Read More  The Biggest Myths Of Multi-Cloud

Test Tools

ClusterLoader2

ClusterLoader2 is an open source Kubernetes cluster performance test tool. It can test the Kubernetes SLIs/SLOs to check whether the cluster meets the service quality standards. It also visualizes data for locating cluster problems and optimizing cluster performance. After the test, users get a performance report with detailed test results. However, ClusterLoader2 is a test tool customized for a single Kubernetes cluster, and in multi-cluster scenarios, it cannot obtain the resources of all clusters. Here we only use ClusterLoader2 to distribute resources.

Prometheus

Prometheus is a systems and service monitoring system. It collects metrics from configured targets at given intervals, evaluates rule expressions, displays the results, and triggers alerts when specified conditions are observed. After analyzing the processing of indicators by ClusterLoader2, we use Prometheus to monitor various indicators of the control plane according to specific query statements.

Kind

Kind is a tool for running local Kubernetes clusters using Docker container “nodes”. In order to test Karmada’s application distribution capabilities, we need a real single-cluster control plane to manage applications distributed by the federated control plane. Kind is able to simulate a real cluster while saving resources.

Fake-kubelet

Fake-kubelet is a tool for simulating any number of nodes and maintain pods on those nodes. Compared to Kubemark, fake-kubelet only does the minimum work of maintaining nodes and pods, and is very suitable for simulating a large number of nodes and pods for pressure testing on the control plane.

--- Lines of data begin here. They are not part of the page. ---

-- ===== src/WriteOp/Flight/Safety.antt =====
-- What holds after any history of a controller (web/src/lib/api/writeOp.ts).
use mathlib.Core.Path.{subst}
use zte_u60_pro_mu5250_manag.Common.{
  ℕ, ◌+◌, ◌-◌, ◌≤◌, ◌<◌, ◌≡◌, refl, sym, ◌⊎◌, inl, inr, Bool, true, false, Option, none, List, [],
  ◌∷◌, length, All, Bool-cases, Option-cases, leb, ◌==◌, String, arith,
}
use zte_u60_pro_mu5250_manag.Api.Errors.{Thrown}
use zte_u60_pro_mu5250_manag.WriteOp.State.{Phase, WriteOpState, busy_phase}
use zte_u60_pro_mu5250_manag.WriteOp.Reducer.{write_op_reducer}
use zte_u60_pro_mu5250_manag.WriteOp.Controller
use zte_u60_pro_mu5250_manag.WriteOp.Controller.{WriteOpConfig, Ctl, Task, Outcome, task_run, alive}
use zte_u60_pro_mu5250_manag.WriteOp.Resume.{resume}
use zte_u60_pro_mu5250_manag.WriteOp.Session.{
  Session, Input, new_session, spawn, take_task, settle_task, step, run,
}
use zte_u60_pro_mu5250_manag.WriteOp.StepLists.{IsDone}
use zte_u60_pro_mu5250_manag.WriteOp.Flight.Facts.{Facts, Facts-of}
use zte_u60_pro_mu5250_manag.WriteOp.Flight.Clicks.{
  start-Acts, confirm-Acts, cancel-Acts, reset-Acts, resubmit-Acts, handle_login-Acts,
}
use zte_u60_pro_mu5250_manag.WriteOp.Flight.Sessions.{
  Inv, CarriesAll, tasks_of, in_flight, Acts-Inv, tasks_after, older-le,
}
use zte_u60_pro_mu5250_manag.WriteOp.Flight.Histories.{gives_up, settled-Inv, lets_go}

-- The run number plays no part in the facts.
Facts-run_id :
    (p : Phase) (s : WriteOpState) (k : Option WriteOpConfig) (n : ℕ)
    → Facts p s k
    → Facts p (record s { run_id = n }) k
Facts-run_id Phase.idle s k n f = f
Facts-run_id _ s k n f = f

-- Nor does who holds the operation.
CarriesAll-held :
    (loose : Bool) (c : Ctl) (a : ℕ) (l : Bool) (ts : List Task)
    → CarriesAll loose c ts
    → CarriesAll loose (record c { attached = a; listening = l }) ts
CarriesAll-held loose c a l [] f = f
CarriesAll-held loose c a l (t ∷ []) f = f
CarriesAll-held loose c a l (t ∷ u ∷ ts) f = f

settle_task-Inv :
    (loose : Bool) (s : Session) (k : ℕ) (o : Outcome) (now : ℕ)
    → (loose ≡ true) ⊎ (lets_go s (now, Input.settle k o) ≡ false)
    → Inv loose s
    → Inv loose (settle_task s k o now)
unfolding settle_task lets_go
settle_task-Inv loose s k o now u v = elim (Option-cases (take_task k s.tasks)) [
  | inl e ↦ let same : settle_task s k o now ≡ s = ground arith in subst (Inv loose) (sym same) v
  | inr ((t, us), e) ↦
      let next : settle_task s k o now ≡ spawn us (resume t s.ctl o now) = ground arith in
      let kept : (loose ≡ true) ⊎ (gives_up t o ≡ false) = ground arith in
      subst (Inv loose) (sym next) (settled-Inv loose s k o now t us e kept v)
]

detach-Inv :
    (loose : Bool) (s : Session)
    → (loose ≡ true) ⊎ (leb s.ctl.attached 1 ≡ false)
    → Inv loose s
    → Inv loose (record s { ctl = Controller.detach s.ctl })
unfolding Controller.detach
detach-Inv loose s u v =
    let c = s.ctl in
    let r = c.state.run_id in
    elim (Bool-cases (leb c.attached 1)) [
      | inr many ↦
          let d : Ctl = record c { attached = c.attached - 1 } in
          let eq : Controller.detach c ≡ d = ground arith in
          subst (λ q. Inv loose (record s { ctl = q })) (sym eq)
            (record {
              sound = v.sound;
              held = ground arith;
              old = v.old;
              flight = CarriesAll-held loose c (c.attached - 1) c.listening (in_flight s) v.flight;
            })
      | inl few ↦ elim (Bool-cases (c.attached == 0)) [
        | inl free ↦
            let eq : Controller.detach c ≡ c = ground arith in
            subst (λ q. Inv loose (record s { ctl = q })) (sym eq) v
        | inr last ↦
            let d : Ctl = record c {
              attached = 0;
              listening = false;
              state = record (c.state) { run_id = r + 1 };
            } in
            let eq : Controller.detach c ≡ d = ground arith in
            let empty : tasks_of (r + 1) s.tasks ≡ [] =
              tasks_after r (r + 1) s.tasks (omega arith) v.old (λ q. absurd (omega arith)) in
            let gone : loose ≡ true = ground arith in
            subst (λ q. Inv loose (record s { ctl = q })) (sym eq)
              (record {
                sound = Facts-run_id c.state.phase c.state c.cfg (r + 1) v.sound;
                held = inl gone;
                old = older-le r (r + 1) s.tasks (omega arith) v.old;
                flight = subst (CarriesAll loose d) (sym empty) (inl gone);
              })
      ]
    ]

attach-Inv :
    (loose : Bool) (s : Session)
    → Inv loose s
    → Inv loose (record s { ctl = Controller.attach s.ctl })
unfolding Controller.attach
attach-Inv loose s v = record {
  sound = v.sound;
  held = inr (omega arith);
  old = v.old;
  flight = CarriesAll-held loose s.ctl (s.ctl.attached + 1) true (in_flight s) v.flight;
}

step-Inv :
    (loose : Bool) (s : Session) (x : ℕ × Input)
    → (loose ≡ true) ⊎ (lets_go s x ≡ false)
    → Inv loose s
    → Inv loose (step s x)
unfolding step
step-Inv loose s (now, Input.start k) u v = Acts-Inv loose s _ v (start-Acts loose s.ctl k now)
step-Inv loose s (now, Input.confirm) u v =
    Acts-Inv loose s _ v (confirm-Acts loose s.ctl now v.sound)
step-Inv loose s (now, Input.cancel) u v = Acts-Inv loose s _ v (cancel-Acts loose s.ctl)
step-Inv loose s (now, Input.resubmit) u v =
    Acts-Inv loose s _ v (resubmit-Acts loose s.ctl now v.sound)
step-Inv loose s (now, Input.reset) u v = Acts-Inv loose s _ v (reset-Acts loose s.ctl)
step-Inv loose s (now, Input.login) u v =
    Acts-Inv loose s _ v (handle_login-Acts loose s.ctl now v.sound)
step-Inv loose s (now, Input.attach) u v = attach-Inv loose s v
step-Inv loose s (now, Input.detach) u v = detach-Inv loose s (lets_go-detach u) v
  where
    lets_go-detach :
        (loose ≡ true) ⊎ (lets_go s (now, Input.detach) ≡ false)
        → (loose ≡ true) ⊎ (leb s.ctl.attached 1 ≡ false)
    lets_go-detach (inl l) = inl l
    lets_go-detach (inr l) = inr (unfold lets_go in l)
step-Inv loose s (now, Input.settle k o) u v = settle_task-Inv loose s k o now u v

run-Inv : (s : Session) (xs : List (ℕ × Input)) → Inv true s → Inv true (run s xs)
unfolding run
run-Inv s [] v = v
run-Inv s (x ∷ xs) v = run-Inv (step s x) xs (step-Inv true s x (inl refl) v)

new_session-Inv : Inv true new_session
new_session-Inv = record { sound = tt; held = inl refl; old = tt; flight = inl refl }

at_most_one : (loose : Bool) (c : Ctl) (ts : List Task) → CarriesAll loose c ts → length ts ≤ 1
at_most_one loose c [] f = omega arith
at_most_one loose c (t ∷ []) f = omega arith
at_most_one loose c (t ∷ u ∷ ts) f = absurd f

-- After any clicks, logins, attachments and answers, in any order and at any times, at most one
-- request, readback, probe or sleep of the current run is in flight.
pub single_flight : (xs : List (ℕ × Input)) → length (in_flight (run new_session xs)) ≤ 1
single_flight xs =
    let s = run new_session xs in
    at_most_one true s.ctl (in_flight s) (run-Inv new_session xs new_session-Inv).flight

-- Whenever an operation shows as applied or as accepted, each of its steps is done.
pub success-All-IsDone :
    (xs : List (ℕ × Input))
    → let st = (run new_session xs).ctl.state in
      (st.phase ≡ Phase.applied) ⊎ (st.phase ≡ Phase.accepted) → All IsDone st.steps
success-All-IsDone xs (inl p) =
    let c = (run new_session xs).ctl in
    (Facts-of Phase.applied c.state c.cfg p (run-Inv new_session xs new_session-Inv).sound).1
success-All-IsDone xs (inr p) =
    let c = (run new_session xs).ctl in
    (Facts-of Phase.accepted c.state c.cfg p (run-Inv new_session xs new_session-Inv).sound).1

-- No input of a history lets go of the operation: no last `detach`, and no readback that throws a
-- stale 401 twice in a row.
abbrev pub Holds : Session → List (ℕ × Input) → Type 0
Holds s [] = Unit
Holds s (x ∷ xs) = (lets_go s x ≡ false) × Holds (step s x) xs

run-Inv_held :
    (s : Session) (xs : List (ℕ × Input)) → Holds s xs → Inv false s → Inv false (run s xs)
unfolding run
run-Inv_held s [] h v = v
run-Inv_held s (x ∷ xs) (h, hs) v = run-Inv_held (step s x) xs hs (step-Inv false s x (inr h) v)

abbrev pub attached_session : Session
attached_session = record { ctl = Controller.attach new_session.ctl; tasks = [] }

attached-Inv : Inv false attached_session
unfolding Controller.attach
attached-Inv = record { sound = tt; held = inr (omega arith); old = tt; flight = inr refl }

exactly_one :
    (c : Ctl) (ts : List Task)
    → CarriesAll false c ts
    → busy_phase c.state.phase ≡ true
    → length ts ≡ 1
exactly_one c [] f b = absurd (ground arith)
exactly_one c (t ∷ []) f b = omega arith
exactly_one c (t ∷ u ∷ ts) f b = absurd f

-- From a new operation of an attached page on, while the page stays attached and no readback is
-- given up, a busy phase (submitting, verifying, waiting for the device) always has exactly one task
-- of its run in flight.
pub busy_has_task :
    (xs : List (ℕ × Input))
    → Holds attached_session xs
    → let s = run attached_session xs in
      busy_phase s.ctl.state.phase ≡ true → length (in_flight s) ≡ 1
busy_has_task xs h b =
    let s = run attached_session xs in
    exactly_one s.ctl (in_flight s) (run-Inv_held attached_session xs h attached-Inv).flight b

-- On an attached page, a stale 401 to the second readback of `runVerify` changes nothing and starts
-- no other task: the phase stays at verifying.
pub second_stale_hangs :
    (c : Ctl) (a now : ℕ) (m : String)
    → 0 < c.attached
    → 0 < a
    → c.state.phase ≡ Phase.verifying
    → resume
        (Task.verify_running c.state.run_id a)
        c
        (Outcome.throws (Thrown.unauthorized m true))
        now
      ≡ (c, none)
unfolding resume Controller.classify_error write_op_reducer
second_stale_hangs c a now m h k p = ground arith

Cluster Deployment Scheme for the Test

The Kubernetes control plane is deployed with one master node. The etcd, kube-apiserver, kube-scheduler, and kube-controller are deployed as single-instance. The Karmada control plane components are deployed on the Kubernetes master node. All of them are deployed as single-instance. The components of both Kubernetes control plane and Karmada control plane run on high-performance nodes and do not limit resources. We simulate a single-master cluster through kind and simulate work nodes in the cluster through fate-kubelet.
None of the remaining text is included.